The strain energy of the target, assuming linear elasticity, is $$ \text{U} = \tfrac{1}{2} \sigma \varepsilon V $$ where $\sigma$ is the stress in the target, $\varepsilon$ is the strain in the target, and $V$ is the volume of the target.
Equation the two, we have $$ m v^2 = \sigma \varepsilon V = \frac{F}{A} \varepsilon A L = F \varepsilon L $$ where $F$ is the impact force, $A$ is the impact area and $L$ is the length of the target normal to the impact direction.
The impact force estimate is, therefore, $$ F = \frac{m v^2}{\varepsilon L} = \frac{m v^2}{d} $$ where $d$ is the depth of penetration.
If, instead, you would like to use the pressure, $$ p = \sigma = \frac{m v^2}{\varepsilon A L} = \frac{m v^2}{A d} $$ Either can be used, but note that the force has to be applied over the contact area.

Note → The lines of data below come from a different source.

-- ===== src/Ogen/Bodies/Register.antt =====
-- UserRegisterRequest.Decode of internal/router/ogen/oas_json_gen.go: what one member of a
-- document changes.
use ndbx.Prelude.{String, ◌==◌, true, false, ◌≡◌, refl, set, arith, eq_iff}
use ndbx.Errors.{Err}
use ndbx.Exec.{Result, ok}
use ndbx.Router.Sessions.{UserRegisterRequest}
use ndbx.Ogen.Required.{Bits}
use ndbx.Ogen.Bodies.{Json, register_member, register_fields}
use ndbx.Ogen.Bodies.Members.{
  IsReadable, text_field, other_field, is_field, Reads, Follows, if-holds,
}
use ndbx.Ogen.Bodies.Fields.{
  take_str-ok, skipped-ok, take_str-reads, skipped-reads, Holds-set, Holds-other,
}

module _ {V : Type 0} (json : Json V) where
  abbrev pub Readable : String → V → Type 0
  Readable = IsReadable json register_fields

  -- What a step did: it set one field, or it skipped a value.
  data Took (s : UserRegisterRequest) (bits : Bits) (k : String) (v : V)
      (st' : UserRegisterRequest × Bits) : Type 0 where
    full_name :
        k ≡ "full_name"
        → (x : String) → json.str v ≡ ok x
        → st' ≡ (record s { full_name = x }, set bits 0 true)
        → Took s bits k v st'
    username :
        k ≡ "username"
        → (x : String) → json.str v ≡ ok x
        → st' ≡ (record s { username = x }, set bits 1 true)
        → Took s bits k v st'
    password :
        k ≡ "password"
        → (x : String) → json.str v ≡ ok x
        → st' ≡ (record s { password = x }, set bits 2 true)
        → Took s bits k v st'
    none_of_them :
        is_field k register_fields ≡ false
        → (done : Unit {0}) → json.skip v ≡ ok done
        → st' ≡ (s, bits)
        → Took s bits k v st'

  -- A step goes on.
  abbrev Steps : Result Err (UserRegisterRequest × Bits) → Type 0
  Steps r = (st' : UserRegisterRequest × Bits) × (r ≡ ok st')

  -- The fields by their names: one excludes the others.
  register_member-Took :
      (s : UserRegisterRequest) (bits : Bits) (st' : UserRegisterRequest × Bits) (k : String)
      (v : V)
      → register_member json (s, bits) k v ≡ ok st'
      → Took s bits k v st'
  unfolding register_member
  register_member-Took s bits st' k v =
      if-holds (λ (r : Result Err (UserRegisterRequest × Bits)). r ≡ ok st' → Took s bits k v st')
        (k == "full_name") _ _
        (λ t took.
          let (x, e, same) = take_str-ok json "full_name" v _ st' took in
          full_name ((eq_iff k "full_name").0 t) x e same)
        λ f.
          if-holds
            (λ (r : Result Err (UserRegisterRequest × Bits)). r ≡ ok st' → Took s bits k v st')
            (k == "username") _ _
            (λ t took.
              let (x, e, same) = take_str-ok json "username" v _ st' took in
              username ((eq_iff k "username").0 t) x e same)
            λ u.
              if-holds
                (λ (r : Result Err (UserRegisterRequest × Bits)). r ≡ ok st' → Took s bits k v st')
                (k == "password") _ _
                (λ t took.
                  let (x, e, same) = take_str-ok json "password" v _ st' took in
                  password ((eq_iff k "password").0 t) x e same)
                λ p took.
                  let (done, e, same) = skipped-ok json v (s, bits) st' took in
                  none_of_them (ground arith) done e same

  -- A text is there for each field, and a value to skip otherwise.
  register_member-text :
      (st : UserRegisterRequest × Bits) (k : String) (v : V) (x : String)
      → is_field k register_fields ≡ true
      → json.str v ≡ ok x
      → (st' : UserRegisterRequest × Bits) × (register_member json st k v ≡ ok st')
  unfolding register_member
  register_member-text (s, bits) k v x known e =
      if-holds Steps (k == "full_name") _ _ (λ t. take_str-reads json "full_name" v _ x e)
        λ f.
          if-holds Steps (k == "username") _ _ (λ t. take_str-reads json "username" v _ x e)
            λ u.
              if-holds Steps (k == "password") _ _ (λ t. take_str-reads json "password" v _ x e)
                λ p. absurd (ground arith)

  register_member-other :
      (st : UserRegisterRequest × Bits) (k : String) (v : V) (done : Unit {0})
      → is_field k register_fields ≡ false
      → json.skip v ≡ ok done
      → (st' : UserRegisterRequest × Bits) × (register_member json st k v ≡ ok st')
  unfolding register_member
  register_member-other (s, bits) k v done unknown e =
      if-holds Steps (k == "full_name") _ _ (λ t. absurd (ground arith))
        λ f.
          if-holds Steps (k == "username") _ _ (λ t. absurd (ground arith))
            λ u.
              if-holds Steps (k == "password") _ _ (λ t. absurd (ground arith))
                λ p. skipped-reads json v _ done e

  pub register_member-Reads : Reads (register_member json) Readable
  register_member-Reads = record {
    reads = λ st k v readable. elim readable [
      | text_field known x e ↦ register_member-text st k v x known e
      | other_field unknown done e ↦ register_member-other st k v done unknown e
    ];
    readable = λ (s, bits) st' k v took. elim (register_member-Took s bits st' k v took) [
      | full_name is_it x e same ↦ text_field (rw is_it refl) x e
      | username is_it x e same ↦ text_field (rw is_it refl) x e
      | password is_it x e same ↦ text_field (rw is_it refl) x e
      | none_of_them other done e same ↦ other_field other done e
    ];
  }

  pub full_name-Follows :
      Follows (register_member json) Readable json "full_name" (λ s. s.full_name) 0
  full_name-Follows (s, bits) st' k v before took holds =
      elim (register_member-Took s bits st' k v took) [
        | full_name is_it x e same ↦
            rw (is_it, same) (Holds-set json before s.full_name bits v 0 x e holds)
        | username is_it x e same ↦
            rw (is_it, same) (Holds-other json before s.full_name bits 1 0 (omega arith) holds)
        | password is_it x e same ↦
            rw (is_it, same) (Holds-other json before s.full_name bits 2 0 (omega arith) holds)
        | none_of_them unknown done e same ↦
            let is_not : (k == "full_name") ≡ false = ground arith in rw (is_not, same) holds
      ]

  pub username-Follows : Follows (register_member json) Readable json "username" (λ s. s.username) 1
  username-Follows (s, bits) st' k v before took holds =
      elim (register_member-Took s bits st' k v took) [
        | full_name is_it x e same ↦
            rw (is_it, same) (Holds-other json before s.username bits 0 1 (omega arith) holds)
        | username is_it x e same ↦
            rw (is_it, same) (Holds-set json before s.username bits v 1 x e holds)
        | password is_it x e same ↦
            rw (is_it, same) (Holds-other json before s.username bits 2 1 (omega arith) holds)
        | none_of_them unknown done e same ↦
            let is_not : (k == "username") ≡ false = ground arith in rw (is_not, same) holds
      ]

  pub password-Follows : Follows (register_member json) Readable json "password" (λ s. s.password) 2
  password-Follows (s, bits) st' k v before took holds =
      elim (register_member-Took s bits st' k v took) [
        | full_name is_it x e same ↦
            rw (is_it, same) (Holds-other json before s.password bits 0 2 (omega arith) holds)
        | username is_it x e same ↦
            rw (is_it, same) (Holds-other json before s.password bits 1 2 (omega arith) holds)
        | password is_it x e same ↦
            rw (is_it, same) (Holds-set json before s.password bits v 2 x e holds)
        | none_of_them unknown done e same ↦
            let is_not : (k == "password") ≡ false = ground arith in rw (is_not, same) holds
      ]
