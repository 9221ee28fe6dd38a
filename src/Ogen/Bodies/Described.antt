-- ===== src/Ogen/Bodies/Described.antt =====
-- UserRegisterRequest.Decode of internal/router/ogen/oas_json_gen.go: which documents it takes, and
-- what it reads from them.
use ndbx.Prelude.{
  zero, suc, ◌∙◌, ℕ, String, true, false, ◌≡◌, ◌↔◌, refl, Option, none, some, List, [], ◌∷◌,
  get_elem?, arith,
}
use ndbx.Errors.{Err}
use ndbx.Exec.{Result, ok}
use ndbx.Router.Sessions.{UserRegisterRequest}
use ndbx.Ogen.Required.{Bits, no_bits, failures}
use ndbx.Ogen.Required.Listed.{failures-none, failures-full}
use ndbx.Ogen.Bodies.{
  Json, each_member, register_member, register_fields, register_mask, decode_user_register_request,
}
use ndbx.Ogen.Bodies.Members.{
  Has, Holds, AllReadable, each_member-ok, each_member-AllReadable, each_member-Holds, Holds-Has,
  Has-Holds, latest,
}
use ndbx.Ogen.Bodies.Register.{
  Readable, register_member-Reads, full_name-Follows, username-Follows, password-Follows,
}
use ndbx.Ogen.Bodies.Fields.{with_required-ok, with_required-full}

module _ {V : Type 0} (json : Json V) where
  abbrev empty : UserRegisterRequest × Bits
  empty = (record { full_name = ""; username = ""; password = "" }, no_bits)

  -- A document from which the fields of `req` are read.
  abbrev pub Describes : List (String × V) × Option Err → UserRegisterRequest → Type 0
  Describes (members, failure) req =
      (failure ≡ none)
      × AllReadable (Readable json) members
      × Has json "full_name" members req.full_name
      × Has json "username" members req.username
      × Has json "password" members req.password

  module _ (members : List (String × V)) (req : UserRegisterRequest) (bits : Bits)
      (failure : Option Err)
      (took : each_member (register_member json) empty members failure ≡ ok (req, bits)) where
    full_name-Holds : Holds json (latest "full_name" none members) req.full_name (get_elem? bits 0)
    full_name-Holds =
        each_member-Holds (register_member json) (Readable json) json "full_name" (λ s. s.full_name)
          0 (full_name-Follows json) empty (req, bits) members failure none took (refl, refl)

    username-Holds : Holds json (latest "username" none members) req.username (get_elem? bits 1)
    username-Holds =
        each_member-Holds (register_member json) (Readable json) json "username" (λ s. s.username) 1
          (username-Follows json) empty (req, bits) members failure none took (refl, refl)

    password-Holds : Holds json (latest "password" none members) req.password (get_elem? bits 2)
    password-Holds =
        each_member-Holds (register_member json) (Readable json) json "password" (λ s. s.password) 2
          (password-Follows json) empty (req, bits) members failure none took (refl, refl)

    took-Describes :
        failures register_fields register_mask bits ≡ [] → Describes (members, failure) req
    took-Describes none_missed =
        let (all, ended) =
          each_member-AllReadable (register_member json) (Readable json)
            (register_member-Reads json) empty (req, bits) members failure took in
        let set = failures-none register_fields register_mask bits none_missed in
        (
          ended,
          all,
          Holds-Has json "full_name" members req.full_name _ full_name-Holds (set 0 refl),
          Holds-Has json "username" members req.username _ username-Holds (set 1 refl),
          Holds-Has json "password" members req.password _ password-Holds (set 2 refl),
        )

  -- The mask has three bits.
  in_mask :
      (P : ℕ → Type 0) → P 0 → P 1 → P 2 → (i : ℕ) → get_elem? register_mask i ≡ some true → P i
  in_mask P first second third zero required = first
  in_mask P first second third (suc zero) required = second
  in_mask P first second third (suc (suc zero)) required = third
  in_mask P first second third (suc (suc (suc i))) required = absurd (beyond i required)
    where
      beyond : (i : ℕ) → ¬ (get_elem? (false ∷ false ∷ false ∷ false ∷ false ∷ []) i ≡ some true)
      beyond zero e = ground arith
      beyond (suc zero) e = ground arith
      beyond (suc (suc zero)) e = ground arith
      beyond (suc (suc (suc zero))) e = ground arith
      beyond (suc (suc (suc (suc zero)))) e = ground arith
      beyond (suc (suc (suc (suc (suc i))))) e = ground arith

  same_state :
      (t req : UserRegisterRequest) (bits : Bits)
      → t.full_name ≡ req.full_name
      → t.username ≡ req.username
      → t.password ≡ req.password
      → ◌≡◌ {A = Result Err (UserRegisterRequest × Bits)} (ok (t, bits)) (ok (req, bits))
  same_state t req bits name user secret = rw (← name, ← user, ← secret) refl

  described-took :
      (members : List (String × V)) (req : UserRegisterRequest)
      → Describes (members, none) req
      → (bits : Bits) × (each_member (register_member json) empty members none ≡ ok (req, bits))
        × (failures register_fields register_mask bits ≡ [])
  described-took members req (ended, all, name, user, secret) =
      let ((t, bits), took) =
        each_member-ok (register_member json) (Readable json) (register_member-Reads json) empty
          members all in
      let (same_name, bit0) =
        Has-Holds json "full_name" members req.full_name t.full_name _ name
          (full_name-Holds members t bits none took) in
      let (same_user, bit1) =
        Has-Holds json "username" members req.username t.username _ user
          (username-Holds members t bits none took) in
      let (same_password, bit2) =
        Has-Holds json "password" members req.password t.password _ secret
          (password-Holds members t bits none took) in
      (
        bits,
        took ∙ same_state t req bits same_name same_user same_password,
        failures-full register_fields register_mask bits
            (in_mask (λ i. get_elem? bits i ≡ some true) bit0 bit1 bit2),
      )

  -- UserRegisterRequest.Decode takes a document exactly when it is an object, in which every member
  -- of a field is a text and every other can be skipped, and which has the three fields. The last
  -- member of each field is the one that it reads.
  pub decode_user_register_request_lem :
      (doc : String) (req : UserRegisterRequest)
      → decode_user_register_request json doc ≡ ok req ↔ Describes (json.members doc) req
  unfolding decode_user_register_request
  decode_user_register_request_lem doc req = (
    (λ done.
        let (bits, took, none_missed) =
          with_required-ok register_fields register_mask _ _ req done in
        took-Describes (json.members doc).0 req bits (json.members doc).1 took none_missed),
    λ described.
        let (bits, took, none_missed) =
          described-took (json.members doc).0 req
            (refl, described.1, described.2, described.3, described.4) in
        with_required-full register_fields register_mask _ _ req bits (rw (described.0) took)
          none_missed,
  )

The problem is ill-posed because, even if you know $A$, you don't know $\varepsilon$ and $L$. People usually assume that $L$ is the thickness of the object (which may be infinite in some cases) and that $\varepsilon$ is small (e.g., 0.001). On the other hand, you may know a value of $d$ and get a reasonable estimate that way.
The only accurate way to compute the impact forces is to do a full-physics dynamic simulation.